For more information on the horizontal guidelines, see the Cartels and Horizontal Agreements section of this newsletter.

Commission adopts new R&D Block Exemption Regulation

On the same day that the European Commission published its new horizontal guidelines (see article above and also the Cartels and Horizontal Agreements section of this newsletter), it also adopted a new R&D Block Exemption Regulation ("New R&D BER").

While the New R&D BER retains the structure of the previous BER, there are some changes of note. In particular, the Commission has extended the scope of the New R&D BER to cover "paid-for research" agreements, where one party finances the R&D activities carried out by the other party. Previously, the application of the block exemption was restricted to situations in which the parties were working together. Also, the list of hardcore restrictions has been subject to some minor amendments. For example, restrictions are permitted on active sales into exclusively allocated territories or to certain customer groups without the former seven-year limit. In addition, two restrictions that until now had been classified as hardcore will now be treated as simply not exempted. This means that their inclusion no longer removes the benefit of the block exemption from the rest of the agreement. The restrictions concerned are prohibitions on challenging IPR and certain requirements not to grant third parties licences to manufacture contract goods or apply contract processes.

The New R&D BER also contains a number of changes from the draft that was circulated for consultation earlier this year. The draft BER provided that the exemption would only apply where parties agreed, prior to starting the R&D, to the disclosure of their existing and pending IP rights insofar as these were relevant for the exploitation of results of joint R&D by the other party(ies).
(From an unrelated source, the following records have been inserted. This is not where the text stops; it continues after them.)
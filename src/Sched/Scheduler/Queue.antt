-- ===== src/Sched/Scheduler/Queue.antt =====
-- The linked lists of kernel/sched/scheduler.c.
use scarlett_os.Base.{
  ℕ, zero, suc, ◌<◌, ◌≡◌, ◌≢◌, refl, sym, ap, ◌⊎◌, inl, inr, false, some, List, [], ◌∷◌, ◌++◌,
  length, ◌==◌, arith,
}
use scarlett_os.Base.Update.{update}
use scarlett_os.Sched.Scheduler.{last_of}

-- From `p` on the list holds these threads.
abbrev pub Holds : (ℕ → ℕ) → ℕ → List ℕ → Type 0
Holds next p [] = p ≡ 0
Holds next p (t ∷ ts) = (p ≡ t) × (t ≢ 0) × Holds next (next t) ts

abbrev pub NotIn : ℕ → List ℕ → Type 0
NotIn t [] = Unit
NotIn t (u ∷ us) = (t ≢ u) × NotIn t us

abbrev pub Distinct : List ℕ → Type 0
Distinct [] = Unit
Distinct (t ∷ ts) = NotIn t ts × Distinct ts

-- A write to the link of a thread that is not in a list does not change the list.
pub Holds-update :
    (next : ℕ → ℕ) (t v p : ℕ) (ts : List ℕ)
    → NotIn t ts
    → Holds next p ts
    → Holds (update next t v) p ts
Holds-update next t v p [] h k = k
Holds-update next t v p (u ∷ us) (h, hs) (e, n, k) =
    let other : (t == u) ≡ false = ground arith in
    (e, n, rw other (Holds-update next t v (next u) us hs k))

-- A list with a last thread is not empty.
pub Holds-nonempty :
    (next : ℕ → ℕ) (p last : ℕ) (ts : List ℕ) → Holds next p (ts ++ last ∷ []) → p ≢ 0
Holds-nonempty next p last [] (e, n, z) = rw e n
Holds-nonempty next p last (t ∷ ts) (e, n, h) = rw e n

-- The walk to the end of a list finds its last thread, with fuel for its length.
pub last_of_lem :
    (fuel : ℕ) (next : ℕ → ℕ) (p last : ℕ) (ts : List ℕ)
    → Holds next p (ts ++ last ∷ [])
    → length ts < fuel
    → last_of fuel next p ≡ some last
unfolding last_of
last_of_lem zero next p last ts h k = absurd (omega arith)
last_of_lem (suc fuel) next p last [] (e, n, z) k = rw (last_of, e, z) refl
last_of_lem (suc fuel) next p last (t ∷ ts) (e, n, h) k =
    let more : (next t == 0) ≡ false = ground (arith, Holds-nonempty next (next t) last ts h) in
    rw (last_of, e, more) (last_of_lem fuel next (next t) last ts h (omega arith))

-- A thread is put behind the last: only its link and the last one's are written.
pub Holds-append :
    (next next' : ℕ → ℕ) (p last t : ℕ) (ts : List ℕ)
    → next' last ≡ t
    → next' t ≡ 0
    → ((u : ℕ) → u ≢ last → u ≢ t → next' u ≡ next u)
    → NotIn last ts
    → NotIn t ts
    → t ≢ 0
    → Holds next p (ts ++ last ∷ [])
    → Holds next' p ((ts ++ last ∷ []) ++ t ∷ [])
Holds-append next next' p last t [] to_t to_0 same h k nz (e, n, z) = (e, n, (to_t, nz, to_0))
Holds-append next next' p last t (x ∷ xs) to_t to_0 same (h, hs) (k, ks) nz (e, n, z) =
    let kept : next' x ≡ next x = same x (λ q. h (sym q)) (λ q. k (sym q)) in
    (e, n, rw kept (Holds-append next next' (next x) last t xs to_t to_0 same hs ks nz z))

-- A thread that is in a list is made its last: what stood behind it is in the list no longer.
pub Holds-cut :
    (next next' : ℕ → ℕ) (p last t : ℕ) (ts rest : List ℕ)
    → next' t ≡ 0
    → ((u : ℕ) → u ≢ last → u ≢ t → next' u ≡ next u)
    → NotIn last ts
    → NotIn t ts
    → Holds next p (ts ++ t ∷ rest)
    → Holds next' p (ts ++ t ∷ [])
Holds-cut next next' p last t [] rest to_0 same h k (e, n, z) = (e, n, to_0)
Holds-cut next next' p last t (x ∷ xs) rest to_0 same (h, hs) (k, ks) (e, n, z) =
    let kept : next' x ≡ next x = same x (λ q. h (sym q)) (λ q. k (sym q)) in
    (e, n, rw kept (Holds-cut next next' (next x) last t xs rest to_0 same hs ks z))

-- The last thread of a list is linked to another list.
pub Holds-join :
    (next next' : ℕ → ℕ) (p t b : ℕ) (ts bs : List ℕ)
    → next' t ≡ b
    → ((u : ℕ) → u ≢ t → next' u ≡ next u)
    → NotIn t ts
    → Holds next' b bs
    → Holds next p (ts ++ t ∷ [])
    → Holds next' p (ts ++ t ∷ bs)
Holds-join next next' p t b [] bs to_b same n k (e, nz, z) = (e, nz, rw to_b k)
Holds-join next next' p t b (x ∷ xs) bs to_b same (n, ns) k (e, nz, z) =
    let kept : next' x ≡ next x = same x (λ q. n (sym q)) in
    (e, nz, rw kept (Holds-join next next' (next x) t b xs bs to_b same ns k z))

-- A list is empty or has a last thread.
pub last_cases : (ts : List ℕ) → (ts ≡ []) ⊎ ((us : List ℕ) × (l : ℕ) × (ts ≡ us ++ l ∷ []))
last_cases [] = inl refl
last_cases (t ∷ ts) = elim (last_cases ts) [
  | inl e ↦ inr ([], t, ap (λ (l : List ℕ). t ∷ l) e)
  | inr (us, l, e) ↦ inr (t ∷ us, l, ap (λ (l : List ℕ). t ∷ l) e)
]

pub NotIn-append : (t l : ℕ) (ts : List ℕ) → NotIn t (ts ++ l ∷ []) → NotIn t ts × (t ≢ l)
NotIn-append t l [] (h, u) = (tt, h)
NotIn-append t l (x ∷ xs) (h, hs) = let (rest, other) = NotIn-append t l xs hs in ((h, rest), other)

pub Distinct-last : (l : ℕ) (ts : List ℕ) → Distinct (ts ++ l ∷ []) → NotIn l ts
Distinct-last l [] d = tt
Distinct-last l (x ∷ xs) (h, d) =
    let (rest, other) = NotIn-append x l xs h in (λ q. other (sym q), Distinct-last l xs d)

-- No thread of the second list is in the first.
abbrev pub Disjoint : List ℕ → List ℕ → Type 0
Disjoint us [] = Unit
Disjoint us (t ∷ ts) = NotIn t us × Disjoint us ts

pub Disjoint-last : (us : List ℕ) (l : ℕ) (ts : List ℕ) → Disjoint us (ts ++ l ∷ []) → NotIn l us
Disjoint-last us l [] (h, u) = h
Disjoint-last us l (x ∷ xs) (h, hs) = Disjoint-last us l xs hs

pub Disjoint-parts :
    (us : List ℕ) (l : ℕ) (ts : List ℕ) → Disjoint us (ts ++ l ∷ []) → Disjoint us ts × NotIn l us
Disjoint-parts us l [] (h, u) = (tt, h)
Disjoint-parts us l (x ∷ xs) (h, hs) =
    let (rest, last) = Disjoint-parts us l xs hs in ((h, rest), last)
There was significant opposition to this condition during the consultation and it has been dropped from the adopted version. The Commission appears to have concluded that such an obligation is not necessary as potential patent ambushes can be addressed through contractual agreements between the parties.

The New R&D BER allows for parties to compensate each other for giving access to the results for the purposes of further research or exploitation. However, such compensation must not be so high as to effectively impede access. Furthermore, where the R&D agreement provides for joint R&D or paid-for R&D, the agreement must provide for access by all parties to any pre-existing know-how belonging to the other parties.

The New R&D BER will enter into force on 1 January 2011, with a transitional period of two years. During that period, the previous Regulation will remain in force for agreements that fall within the scope of the existing rules.

OTHER DEVELOPMENT

EUROPEAN UNION: On 30 November 2010, the European Commission carried out unannounced inspections ("dawn raids") at the premises of certain companies active in the pharmaceutical sector in several EU Member States. The Commission stated that it has reason to believe that the companies concerned may have acted individually or jointly to delay generic entry for a particular medicine. On 2 December 2010, AstraZeneca confirmed that it was one of the companies that had been visited.